Task requirements: In the listing below, find the line that contains "(Returns-known _ _" and the line that contains "timer_tick-safe processor tsc_stop". Quote both and every line between them, exactly, and nothing more.

Study material:
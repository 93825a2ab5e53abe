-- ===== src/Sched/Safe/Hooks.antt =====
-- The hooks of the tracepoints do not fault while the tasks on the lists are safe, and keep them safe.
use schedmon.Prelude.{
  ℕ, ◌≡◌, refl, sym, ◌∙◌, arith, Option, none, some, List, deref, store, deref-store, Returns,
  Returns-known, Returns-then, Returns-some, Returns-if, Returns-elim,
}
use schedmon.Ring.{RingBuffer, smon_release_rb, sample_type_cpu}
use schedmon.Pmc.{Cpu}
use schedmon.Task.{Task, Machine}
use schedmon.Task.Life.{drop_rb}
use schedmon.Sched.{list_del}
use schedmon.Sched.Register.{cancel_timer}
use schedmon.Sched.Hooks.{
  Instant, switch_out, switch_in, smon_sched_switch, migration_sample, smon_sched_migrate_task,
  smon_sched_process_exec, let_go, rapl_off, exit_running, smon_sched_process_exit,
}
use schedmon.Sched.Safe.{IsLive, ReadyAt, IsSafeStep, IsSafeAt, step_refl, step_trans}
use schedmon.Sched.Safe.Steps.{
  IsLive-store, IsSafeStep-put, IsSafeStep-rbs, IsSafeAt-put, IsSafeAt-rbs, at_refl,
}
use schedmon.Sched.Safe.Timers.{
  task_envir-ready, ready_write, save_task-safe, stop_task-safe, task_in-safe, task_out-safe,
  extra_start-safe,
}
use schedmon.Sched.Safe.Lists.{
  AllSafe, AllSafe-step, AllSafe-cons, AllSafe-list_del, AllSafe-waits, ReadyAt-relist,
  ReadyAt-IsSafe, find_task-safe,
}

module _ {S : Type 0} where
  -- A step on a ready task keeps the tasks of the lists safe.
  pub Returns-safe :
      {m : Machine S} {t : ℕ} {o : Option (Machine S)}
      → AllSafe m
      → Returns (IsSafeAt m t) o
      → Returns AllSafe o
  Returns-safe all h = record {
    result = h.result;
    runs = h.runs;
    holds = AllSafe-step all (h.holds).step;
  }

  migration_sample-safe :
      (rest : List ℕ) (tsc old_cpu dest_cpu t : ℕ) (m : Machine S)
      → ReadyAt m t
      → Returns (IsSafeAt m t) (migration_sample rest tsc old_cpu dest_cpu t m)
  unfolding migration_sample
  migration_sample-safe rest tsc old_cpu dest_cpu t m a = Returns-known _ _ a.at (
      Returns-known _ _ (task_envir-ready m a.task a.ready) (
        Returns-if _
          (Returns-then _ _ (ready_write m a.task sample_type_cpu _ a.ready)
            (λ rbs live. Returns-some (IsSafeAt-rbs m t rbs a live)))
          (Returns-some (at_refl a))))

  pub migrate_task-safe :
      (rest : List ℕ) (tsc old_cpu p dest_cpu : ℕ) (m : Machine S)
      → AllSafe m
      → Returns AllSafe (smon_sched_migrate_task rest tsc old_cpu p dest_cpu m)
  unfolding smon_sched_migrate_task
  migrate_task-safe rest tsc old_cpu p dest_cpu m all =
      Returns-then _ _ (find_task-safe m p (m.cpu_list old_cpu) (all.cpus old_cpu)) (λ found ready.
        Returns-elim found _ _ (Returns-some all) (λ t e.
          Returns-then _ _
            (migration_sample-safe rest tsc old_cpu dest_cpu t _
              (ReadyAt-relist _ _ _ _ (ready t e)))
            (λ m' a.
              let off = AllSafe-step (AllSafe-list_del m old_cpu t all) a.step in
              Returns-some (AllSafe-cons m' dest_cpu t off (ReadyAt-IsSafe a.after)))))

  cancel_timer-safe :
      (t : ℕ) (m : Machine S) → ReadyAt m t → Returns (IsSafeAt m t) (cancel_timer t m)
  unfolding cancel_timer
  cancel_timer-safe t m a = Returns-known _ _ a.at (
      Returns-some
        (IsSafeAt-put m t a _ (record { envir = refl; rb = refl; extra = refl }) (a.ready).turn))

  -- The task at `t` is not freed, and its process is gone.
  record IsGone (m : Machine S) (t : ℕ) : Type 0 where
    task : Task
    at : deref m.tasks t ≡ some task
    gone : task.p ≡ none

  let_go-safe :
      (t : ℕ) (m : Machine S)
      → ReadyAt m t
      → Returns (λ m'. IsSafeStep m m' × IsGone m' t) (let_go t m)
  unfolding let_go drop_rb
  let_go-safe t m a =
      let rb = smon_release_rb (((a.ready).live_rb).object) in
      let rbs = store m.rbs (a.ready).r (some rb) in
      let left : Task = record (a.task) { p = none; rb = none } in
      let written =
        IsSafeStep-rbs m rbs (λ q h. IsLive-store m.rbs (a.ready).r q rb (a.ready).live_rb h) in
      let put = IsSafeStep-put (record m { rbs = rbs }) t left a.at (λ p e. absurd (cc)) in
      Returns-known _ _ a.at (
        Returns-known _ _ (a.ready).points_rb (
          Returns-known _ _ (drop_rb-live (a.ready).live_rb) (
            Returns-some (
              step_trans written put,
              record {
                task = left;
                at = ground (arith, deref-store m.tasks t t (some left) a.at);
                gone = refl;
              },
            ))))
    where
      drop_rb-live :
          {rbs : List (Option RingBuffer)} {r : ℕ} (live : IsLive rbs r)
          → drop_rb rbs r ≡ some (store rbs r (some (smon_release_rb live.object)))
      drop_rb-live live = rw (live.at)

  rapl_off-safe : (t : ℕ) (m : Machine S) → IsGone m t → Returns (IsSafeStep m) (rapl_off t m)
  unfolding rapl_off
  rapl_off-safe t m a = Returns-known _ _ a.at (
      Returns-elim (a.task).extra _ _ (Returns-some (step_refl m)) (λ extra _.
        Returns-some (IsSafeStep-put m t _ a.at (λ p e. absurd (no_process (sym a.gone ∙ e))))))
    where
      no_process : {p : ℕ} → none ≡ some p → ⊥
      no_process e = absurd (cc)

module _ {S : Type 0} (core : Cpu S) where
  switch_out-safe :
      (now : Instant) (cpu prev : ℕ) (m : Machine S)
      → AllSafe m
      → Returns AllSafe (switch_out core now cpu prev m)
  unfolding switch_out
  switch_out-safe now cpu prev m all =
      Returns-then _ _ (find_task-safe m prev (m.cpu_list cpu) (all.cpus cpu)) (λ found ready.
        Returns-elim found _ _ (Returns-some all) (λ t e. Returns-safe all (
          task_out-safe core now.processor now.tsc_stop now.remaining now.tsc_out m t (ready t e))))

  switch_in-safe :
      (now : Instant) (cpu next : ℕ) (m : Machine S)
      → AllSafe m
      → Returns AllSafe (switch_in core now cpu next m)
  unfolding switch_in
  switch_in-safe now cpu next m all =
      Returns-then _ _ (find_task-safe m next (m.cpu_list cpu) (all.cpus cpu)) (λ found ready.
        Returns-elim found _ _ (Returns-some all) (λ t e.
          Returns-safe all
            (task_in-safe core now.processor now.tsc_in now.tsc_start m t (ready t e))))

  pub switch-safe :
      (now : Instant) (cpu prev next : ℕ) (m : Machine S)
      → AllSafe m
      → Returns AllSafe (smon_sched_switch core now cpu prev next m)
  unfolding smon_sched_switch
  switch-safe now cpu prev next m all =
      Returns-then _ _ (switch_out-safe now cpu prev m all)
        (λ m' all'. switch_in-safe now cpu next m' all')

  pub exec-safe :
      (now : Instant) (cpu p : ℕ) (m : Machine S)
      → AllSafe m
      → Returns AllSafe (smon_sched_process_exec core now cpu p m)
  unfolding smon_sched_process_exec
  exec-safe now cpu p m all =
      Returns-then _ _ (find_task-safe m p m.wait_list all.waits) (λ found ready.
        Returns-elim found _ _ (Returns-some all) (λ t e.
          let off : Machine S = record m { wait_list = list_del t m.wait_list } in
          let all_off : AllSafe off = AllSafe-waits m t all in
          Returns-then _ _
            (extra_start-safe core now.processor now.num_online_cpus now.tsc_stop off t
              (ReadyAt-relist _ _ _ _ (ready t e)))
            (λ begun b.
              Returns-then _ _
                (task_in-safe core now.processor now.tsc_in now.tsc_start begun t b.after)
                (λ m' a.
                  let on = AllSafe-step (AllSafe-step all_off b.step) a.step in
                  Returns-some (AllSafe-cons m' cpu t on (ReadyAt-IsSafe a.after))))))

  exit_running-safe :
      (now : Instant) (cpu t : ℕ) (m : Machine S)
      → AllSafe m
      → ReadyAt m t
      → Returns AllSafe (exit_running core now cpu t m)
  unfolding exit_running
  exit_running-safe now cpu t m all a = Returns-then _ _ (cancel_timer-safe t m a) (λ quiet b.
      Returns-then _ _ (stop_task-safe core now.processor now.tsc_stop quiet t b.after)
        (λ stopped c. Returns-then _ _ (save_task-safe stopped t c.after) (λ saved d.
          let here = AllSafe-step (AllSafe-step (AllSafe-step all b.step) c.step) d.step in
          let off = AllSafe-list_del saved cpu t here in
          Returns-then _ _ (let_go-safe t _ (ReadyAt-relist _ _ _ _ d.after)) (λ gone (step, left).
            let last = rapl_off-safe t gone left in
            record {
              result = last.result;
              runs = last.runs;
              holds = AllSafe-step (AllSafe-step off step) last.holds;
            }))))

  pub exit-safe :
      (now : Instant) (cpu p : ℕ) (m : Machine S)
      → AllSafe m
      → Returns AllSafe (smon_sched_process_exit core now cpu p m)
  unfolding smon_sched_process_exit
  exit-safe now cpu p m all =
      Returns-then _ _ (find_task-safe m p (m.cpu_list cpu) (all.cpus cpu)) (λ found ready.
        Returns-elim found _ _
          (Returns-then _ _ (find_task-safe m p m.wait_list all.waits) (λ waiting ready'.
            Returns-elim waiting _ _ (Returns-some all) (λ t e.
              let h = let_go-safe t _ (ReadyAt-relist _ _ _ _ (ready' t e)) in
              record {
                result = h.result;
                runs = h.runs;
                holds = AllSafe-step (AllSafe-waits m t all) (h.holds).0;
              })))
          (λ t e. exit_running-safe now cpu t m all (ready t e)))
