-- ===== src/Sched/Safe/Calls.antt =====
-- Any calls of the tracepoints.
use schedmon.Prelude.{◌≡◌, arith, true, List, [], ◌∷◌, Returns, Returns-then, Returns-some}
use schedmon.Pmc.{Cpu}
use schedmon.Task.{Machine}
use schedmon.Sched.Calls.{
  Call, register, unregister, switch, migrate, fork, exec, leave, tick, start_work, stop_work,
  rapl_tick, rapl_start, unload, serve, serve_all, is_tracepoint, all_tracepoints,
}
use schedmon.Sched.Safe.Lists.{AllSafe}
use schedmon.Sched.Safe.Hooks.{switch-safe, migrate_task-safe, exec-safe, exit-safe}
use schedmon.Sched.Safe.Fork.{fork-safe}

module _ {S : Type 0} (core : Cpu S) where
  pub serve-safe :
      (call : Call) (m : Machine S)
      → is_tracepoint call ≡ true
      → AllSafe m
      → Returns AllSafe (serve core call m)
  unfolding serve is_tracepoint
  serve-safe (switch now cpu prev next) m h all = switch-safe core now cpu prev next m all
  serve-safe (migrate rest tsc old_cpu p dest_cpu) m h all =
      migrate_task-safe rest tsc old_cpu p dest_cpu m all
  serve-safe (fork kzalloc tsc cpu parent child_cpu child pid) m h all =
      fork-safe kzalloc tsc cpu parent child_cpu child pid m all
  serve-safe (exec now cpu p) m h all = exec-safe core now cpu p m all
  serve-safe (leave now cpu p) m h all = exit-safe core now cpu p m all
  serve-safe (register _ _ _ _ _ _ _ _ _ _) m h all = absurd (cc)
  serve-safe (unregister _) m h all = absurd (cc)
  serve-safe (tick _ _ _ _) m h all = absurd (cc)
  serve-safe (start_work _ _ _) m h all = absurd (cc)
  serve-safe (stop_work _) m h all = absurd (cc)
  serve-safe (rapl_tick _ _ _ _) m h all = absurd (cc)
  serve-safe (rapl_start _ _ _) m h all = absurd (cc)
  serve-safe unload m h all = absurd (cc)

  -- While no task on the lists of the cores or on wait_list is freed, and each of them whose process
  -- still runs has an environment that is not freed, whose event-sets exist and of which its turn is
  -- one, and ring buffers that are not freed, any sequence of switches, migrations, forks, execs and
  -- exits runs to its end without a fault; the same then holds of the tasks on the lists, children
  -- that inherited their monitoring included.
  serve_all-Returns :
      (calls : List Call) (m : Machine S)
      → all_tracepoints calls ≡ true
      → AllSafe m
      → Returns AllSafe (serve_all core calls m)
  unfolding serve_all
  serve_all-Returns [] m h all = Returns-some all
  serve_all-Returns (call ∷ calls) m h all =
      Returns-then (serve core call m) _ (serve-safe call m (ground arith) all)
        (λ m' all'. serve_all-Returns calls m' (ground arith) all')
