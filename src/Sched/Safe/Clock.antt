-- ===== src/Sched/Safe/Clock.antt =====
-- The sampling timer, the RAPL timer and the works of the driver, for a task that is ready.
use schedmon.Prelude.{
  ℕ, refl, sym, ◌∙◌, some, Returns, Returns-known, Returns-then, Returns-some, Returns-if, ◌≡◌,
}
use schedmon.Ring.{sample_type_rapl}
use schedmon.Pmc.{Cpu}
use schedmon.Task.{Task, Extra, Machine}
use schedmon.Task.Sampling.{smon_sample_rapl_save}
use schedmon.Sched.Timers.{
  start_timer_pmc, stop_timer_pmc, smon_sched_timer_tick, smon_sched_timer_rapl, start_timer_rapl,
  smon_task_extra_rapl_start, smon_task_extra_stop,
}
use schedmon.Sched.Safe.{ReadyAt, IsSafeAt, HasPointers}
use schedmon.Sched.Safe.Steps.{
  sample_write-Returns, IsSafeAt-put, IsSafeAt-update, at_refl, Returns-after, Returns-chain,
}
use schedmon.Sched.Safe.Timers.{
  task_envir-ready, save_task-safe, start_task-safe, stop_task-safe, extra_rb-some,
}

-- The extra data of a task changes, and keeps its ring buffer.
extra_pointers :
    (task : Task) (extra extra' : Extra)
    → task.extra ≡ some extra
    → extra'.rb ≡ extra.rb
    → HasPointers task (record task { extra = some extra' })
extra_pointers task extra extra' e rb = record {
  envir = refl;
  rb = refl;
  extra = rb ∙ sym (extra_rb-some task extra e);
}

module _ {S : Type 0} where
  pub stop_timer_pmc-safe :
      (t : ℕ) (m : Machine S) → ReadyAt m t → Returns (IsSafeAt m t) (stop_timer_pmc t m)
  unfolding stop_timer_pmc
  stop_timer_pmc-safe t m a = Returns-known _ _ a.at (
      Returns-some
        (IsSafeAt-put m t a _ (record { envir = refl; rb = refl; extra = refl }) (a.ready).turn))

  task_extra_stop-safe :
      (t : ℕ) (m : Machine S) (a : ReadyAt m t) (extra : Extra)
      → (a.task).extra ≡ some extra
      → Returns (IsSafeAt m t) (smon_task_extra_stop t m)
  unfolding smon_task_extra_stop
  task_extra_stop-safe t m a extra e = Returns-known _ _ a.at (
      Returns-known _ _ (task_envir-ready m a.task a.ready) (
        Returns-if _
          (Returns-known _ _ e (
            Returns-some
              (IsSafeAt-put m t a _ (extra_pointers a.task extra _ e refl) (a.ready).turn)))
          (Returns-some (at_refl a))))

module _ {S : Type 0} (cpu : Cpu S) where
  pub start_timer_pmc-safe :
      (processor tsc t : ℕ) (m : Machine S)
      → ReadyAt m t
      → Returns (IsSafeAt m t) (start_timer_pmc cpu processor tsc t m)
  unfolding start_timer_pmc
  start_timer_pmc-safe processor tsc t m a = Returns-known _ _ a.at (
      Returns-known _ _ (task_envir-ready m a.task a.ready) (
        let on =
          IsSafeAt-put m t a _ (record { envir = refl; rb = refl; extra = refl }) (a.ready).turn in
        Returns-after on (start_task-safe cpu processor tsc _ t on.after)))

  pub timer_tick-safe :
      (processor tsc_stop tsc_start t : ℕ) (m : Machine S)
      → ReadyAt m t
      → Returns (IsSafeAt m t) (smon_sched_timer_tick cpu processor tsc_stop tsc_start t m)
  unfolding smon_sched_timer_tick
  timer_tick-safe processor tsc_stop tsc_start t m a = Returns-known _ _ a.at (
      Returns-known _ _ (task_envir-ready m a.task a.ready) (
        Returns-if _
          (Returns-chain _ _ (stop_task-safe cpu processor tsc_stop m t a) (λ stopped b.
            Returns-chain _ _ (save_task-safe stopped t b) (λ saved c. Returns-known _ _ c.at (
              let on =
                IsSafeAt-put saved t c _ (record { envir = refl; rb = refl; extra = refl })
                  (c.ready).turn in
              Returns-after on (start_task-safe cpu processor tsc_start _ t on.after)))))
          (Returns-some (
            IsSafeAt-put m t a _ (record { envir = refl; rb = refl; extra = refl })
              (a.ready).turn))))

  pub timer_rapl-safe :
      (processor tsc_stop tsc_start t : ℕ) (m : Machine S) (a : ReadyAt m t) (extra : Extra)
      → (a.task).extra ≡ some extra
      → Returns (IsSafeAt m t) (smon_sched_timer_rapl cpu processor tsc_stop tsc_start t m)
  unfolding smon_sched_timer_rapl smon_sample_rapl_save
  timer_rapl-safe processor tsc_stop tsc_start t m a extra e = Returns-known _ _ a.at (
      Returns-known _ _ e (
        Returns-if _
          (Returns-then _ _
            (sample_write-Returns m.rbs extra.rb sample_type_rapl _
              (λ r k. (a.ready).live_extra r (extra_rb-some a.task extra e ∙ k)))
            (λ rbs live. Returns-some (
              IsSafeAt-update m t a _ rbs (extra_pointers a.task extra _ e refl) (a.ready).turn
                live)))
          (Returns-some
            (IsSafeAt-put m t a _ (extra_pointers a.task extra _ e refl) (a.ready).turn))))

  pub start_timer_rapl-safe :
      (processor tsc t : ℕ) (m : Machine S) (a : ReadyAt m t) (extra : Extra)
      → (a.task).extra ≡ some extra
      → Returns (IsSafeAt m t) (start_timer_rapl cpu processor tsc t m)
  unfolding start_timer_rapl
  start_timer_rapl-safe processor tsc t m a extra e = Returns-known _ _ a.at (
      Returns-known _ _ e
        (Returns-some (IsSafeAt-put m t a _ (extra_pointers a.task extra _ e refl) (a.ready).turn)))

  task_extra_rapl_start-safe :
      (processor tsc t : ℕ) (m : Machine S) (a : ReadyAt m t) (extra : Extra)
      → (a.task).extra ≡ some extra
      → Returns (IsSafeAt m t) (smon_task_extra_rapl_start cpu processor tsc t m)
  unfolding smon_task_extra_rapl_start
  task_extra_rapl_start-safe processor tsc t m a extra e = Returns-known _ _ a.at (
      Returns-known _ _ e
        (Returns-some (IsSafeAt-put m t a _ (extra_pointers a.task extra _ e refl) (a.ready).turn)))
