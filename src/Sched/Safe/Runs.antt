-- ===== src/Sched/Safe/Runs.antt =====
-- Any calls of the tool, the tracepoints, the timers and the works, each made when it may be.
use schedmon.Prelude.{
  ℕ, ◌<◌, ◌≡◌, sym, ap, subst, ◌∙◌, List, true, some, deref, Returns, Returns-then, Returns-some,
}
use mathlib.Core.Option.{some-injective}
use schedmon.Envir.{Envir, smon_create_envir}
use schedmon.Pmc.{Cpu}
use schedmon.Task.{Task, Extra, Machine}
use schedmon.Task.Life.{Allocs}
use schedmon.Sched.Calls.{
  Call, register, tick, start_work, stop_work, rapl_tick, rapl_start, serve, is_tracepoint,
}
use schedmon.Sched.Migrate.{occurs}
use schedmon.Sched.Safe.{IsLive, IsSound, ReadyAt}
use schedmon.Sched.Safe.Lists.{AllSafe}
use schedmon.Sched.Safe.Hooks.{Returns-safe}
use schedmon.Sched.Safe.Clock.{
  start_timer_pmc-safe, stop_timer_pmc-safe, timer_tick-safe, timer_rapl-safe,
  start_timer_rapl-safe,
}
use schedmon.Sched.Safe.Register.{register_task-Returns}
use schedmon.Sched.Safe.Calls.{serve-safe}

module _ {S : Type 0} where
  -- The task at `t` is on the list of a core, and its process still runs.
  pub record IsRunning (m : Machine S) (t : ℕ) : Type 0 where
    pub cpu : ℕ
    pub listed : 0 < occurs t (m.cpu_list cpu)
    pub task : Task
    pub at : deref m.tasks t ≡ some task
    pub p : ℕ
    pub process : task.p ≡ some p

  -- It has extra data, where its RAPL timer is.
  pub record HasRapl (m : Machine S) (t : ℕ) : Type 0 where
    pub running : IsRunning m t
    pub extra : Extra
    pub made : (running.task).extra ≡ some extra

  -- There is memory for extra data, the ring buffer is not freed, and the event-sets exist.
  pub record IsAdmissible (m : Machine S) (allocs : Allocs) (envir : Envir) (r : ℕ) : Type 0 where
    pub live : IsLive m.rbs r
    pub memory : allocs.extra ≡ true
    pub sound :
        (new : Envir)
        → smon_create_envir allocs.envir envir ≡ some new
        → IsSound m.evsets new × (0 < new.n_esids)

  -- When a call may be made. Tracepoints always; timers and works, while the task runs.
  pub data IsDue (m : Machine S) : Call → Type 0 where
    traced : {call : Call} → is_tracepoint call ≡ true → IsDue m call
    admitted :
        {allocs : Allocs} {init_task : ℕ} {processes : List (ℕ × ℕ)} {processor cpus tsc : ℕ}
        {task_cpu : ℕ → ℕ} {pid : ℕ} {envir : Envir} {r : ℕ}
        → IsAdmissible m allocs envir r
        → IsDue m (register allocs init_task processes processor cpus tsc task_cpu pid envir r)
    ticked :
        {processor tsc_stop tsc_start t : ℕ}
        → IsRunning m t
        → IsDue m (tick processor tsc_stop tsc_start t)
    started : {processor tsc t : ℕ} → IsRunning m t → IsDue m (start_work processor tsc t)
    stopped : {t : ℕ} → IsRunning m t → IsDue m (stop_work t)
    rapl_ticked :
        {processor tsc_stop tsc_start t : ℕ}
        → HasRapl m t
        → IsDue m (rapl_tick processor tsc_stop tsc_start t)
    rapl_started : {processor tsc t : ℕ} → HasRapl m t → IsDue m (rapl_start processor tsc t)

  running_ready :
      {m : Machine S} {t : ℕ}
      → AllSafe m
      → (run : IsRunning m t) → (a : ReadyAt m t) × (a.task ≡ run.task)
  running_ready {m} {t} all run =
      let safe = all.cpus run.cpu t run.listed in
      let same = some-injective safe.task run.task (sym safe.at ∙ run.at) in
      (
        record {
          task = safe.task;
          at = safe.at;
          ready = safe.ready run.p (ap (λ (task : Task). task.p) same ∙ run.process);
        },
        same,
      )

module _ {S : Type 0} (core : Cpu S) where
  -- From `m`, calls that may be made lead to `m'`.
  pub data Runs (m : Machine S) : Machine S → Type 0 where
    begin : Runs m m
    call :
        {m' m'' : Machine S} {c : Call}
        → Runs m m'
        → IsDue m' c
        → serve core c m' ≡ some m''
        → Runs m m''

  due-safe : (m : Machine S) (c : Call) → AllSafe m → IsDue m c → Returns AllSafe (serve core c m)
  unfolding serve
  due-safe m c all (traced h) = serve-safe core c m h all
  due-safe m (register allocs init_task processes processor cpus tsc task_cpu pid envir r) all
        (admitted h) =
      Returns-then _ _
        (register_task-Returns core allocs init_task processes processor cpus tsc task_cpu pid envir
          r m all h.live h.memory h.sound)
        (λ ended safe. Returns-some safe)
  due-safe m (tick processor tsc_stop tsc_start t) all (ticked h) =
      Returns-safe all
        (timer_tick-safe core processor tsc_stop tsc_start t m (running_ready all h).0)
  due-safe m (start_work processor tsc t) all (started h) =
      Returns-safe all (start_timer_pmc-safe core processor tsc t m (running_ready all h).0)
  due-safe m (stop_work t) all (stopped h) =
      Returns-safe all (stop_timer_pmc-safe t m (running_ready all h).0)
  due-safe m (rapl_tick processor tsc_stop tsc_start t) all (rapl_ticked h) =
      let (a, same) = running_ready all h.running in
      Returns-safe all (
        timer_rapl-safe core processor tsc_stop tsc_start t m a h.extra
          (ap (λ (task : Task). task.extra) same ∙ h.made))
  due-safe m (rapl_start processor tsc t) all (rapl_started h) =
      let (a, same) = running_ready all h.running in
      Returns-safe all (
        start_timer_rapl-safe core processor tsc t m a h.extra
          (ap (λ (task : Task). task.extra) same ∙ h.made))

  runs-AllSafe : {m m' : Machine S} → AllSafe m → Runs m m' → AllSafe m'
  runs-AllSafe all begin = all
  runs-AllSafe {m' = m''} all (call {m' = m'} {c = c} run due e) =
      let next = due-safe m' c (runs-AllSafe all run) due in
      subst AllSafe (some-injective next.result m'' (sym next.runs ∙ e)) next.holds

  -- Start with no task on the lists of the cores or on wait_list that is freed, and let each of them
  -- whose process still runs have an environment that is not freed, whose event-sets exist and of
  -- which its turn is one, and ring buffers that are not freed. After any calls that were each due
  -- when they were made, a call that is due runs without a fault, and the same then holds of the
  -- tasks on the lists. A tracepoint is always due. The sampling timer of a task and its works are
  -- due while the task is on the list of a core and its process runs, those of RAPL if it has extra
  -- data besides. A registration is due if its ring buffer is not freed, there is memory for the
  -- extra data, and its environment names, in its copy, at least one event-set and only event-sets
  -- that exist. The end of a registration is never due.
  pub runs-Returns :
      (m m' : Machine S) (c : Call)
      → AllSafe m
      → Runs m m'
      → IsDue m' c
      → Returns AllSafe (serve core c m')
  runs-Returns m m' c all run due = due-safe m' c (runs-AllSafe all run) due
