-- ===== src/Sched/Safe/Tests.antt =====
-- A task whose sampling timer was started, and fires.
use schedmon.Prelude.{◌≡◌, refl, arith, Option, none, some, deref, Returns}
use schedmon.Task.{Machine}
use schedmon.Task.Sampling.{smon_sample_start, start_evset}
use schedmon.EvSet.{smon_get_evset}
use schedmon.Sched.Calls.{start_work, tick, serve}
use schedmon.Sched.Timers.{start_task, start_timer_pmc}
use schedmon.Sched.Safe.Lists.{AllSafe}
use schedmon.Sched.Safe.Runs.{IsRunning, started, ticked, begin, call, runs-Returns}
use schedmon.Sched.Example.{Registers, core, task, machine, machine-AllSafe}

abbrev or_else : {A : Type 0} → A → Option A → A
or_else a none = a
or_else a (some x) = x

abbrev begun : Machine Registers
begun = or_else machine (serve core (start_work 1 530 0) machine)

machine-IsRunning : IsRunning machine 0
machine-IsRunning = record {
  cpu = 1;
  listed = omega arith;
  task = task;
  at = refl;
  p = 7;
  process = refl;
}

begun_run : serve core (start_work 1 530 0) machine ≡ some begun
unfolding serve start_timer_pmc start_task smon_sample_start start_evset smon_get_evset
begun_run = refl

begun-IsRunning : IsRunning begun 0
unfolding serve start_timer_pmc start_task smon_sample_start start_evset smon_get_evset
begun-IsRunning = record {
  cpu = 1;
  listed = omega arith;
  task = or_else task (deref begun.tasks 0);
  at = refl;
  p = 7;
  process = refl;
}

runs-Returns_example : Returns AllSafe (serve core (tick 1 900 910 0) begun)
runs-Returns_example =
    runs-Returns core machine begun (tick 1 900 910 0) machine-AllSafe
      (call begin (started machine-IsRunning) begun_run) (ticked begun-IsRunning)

Reply:
          (Returns-known _ _ e (
            Returns-some
              (IsSafeAt-put m t a _ (extra_pointers a.task extra _ e refl) (a.ready).turn)))
          (Returns-some (at_refl a))))

module _ {S : Type 0} (cpu : Cpu S) where
  pub start_timer_pmc-safe :
      (processor tsc t : ℕ) (m : Machine S)
      → ReadyAt m t
      → Returns (IsSafeAt m t) (start_timer_pmc cpu processor tsc t m)
  unfolding start_timer_pmc
  start_timer_pmc-safe processor tsc t m a = Returns-known _ _ a.at (
      Returns-known _ _ (task_envir-ready m a.task a.ready) (
        let on =
          IsSafeAt-put m t a _ (record { envir = refl; rb = refl; extra = refl }) (a.ready).turn in
        Returns-after on (start_task-safe cpu processor tsc _ t on.after)))

  pub timer_tick-safe :
      (processor tsc_stop tsc_start t : ℕ) (m : Machine S)
      → ReadyAt m t
      → Returns (IsSafeAt m t) (smon_sched_timer_tick cpu processor tsc_stop tsc_start t m)
  unfolding smon_sched_timer_tick
  timer_tick-safe processor tsc_stop tsc_start t m a = Returns-known _ _ a.at (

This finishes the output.